WHAT THE TASK REQUIRES
Retype the entries below exactly, but begin at the line containing "pub mod Module" and end at the last line.

INFORMATION SHOWN
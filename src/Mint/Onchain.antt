-- ===== src/Mint/Onchain.antt =====
-- The onchain module: picomint-node-daemon/src/consensus/onchain and picomint-core/src/onchain.
pub mod Values
pub mod Fees
pub mod Signing
pub mod Blocks
pub mod Moves
pub mod Module
pub mod Claims
pub mod Rows
pub mod Money
pub mod Chain
pub mod Sessions
pub mod Answers
pub mod Ready
pub mod Steps
pub mod Shares
pub mod Finalize
pub mod Completion
pub mod Liveness
pub mod Rates
pub mod Tracking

ANSWER BOX
pub mod Module
pub mod Claims
pub mod Rows
pub mod Money
pub mod Chain
pub mod Sessions
pub mod Answers
pub mod Ready
pub mod Steps
pub mod Shares
pub mod Finalize
pub mod Completion
pub mod Liveness
pub mod Rates
pub mod Tracking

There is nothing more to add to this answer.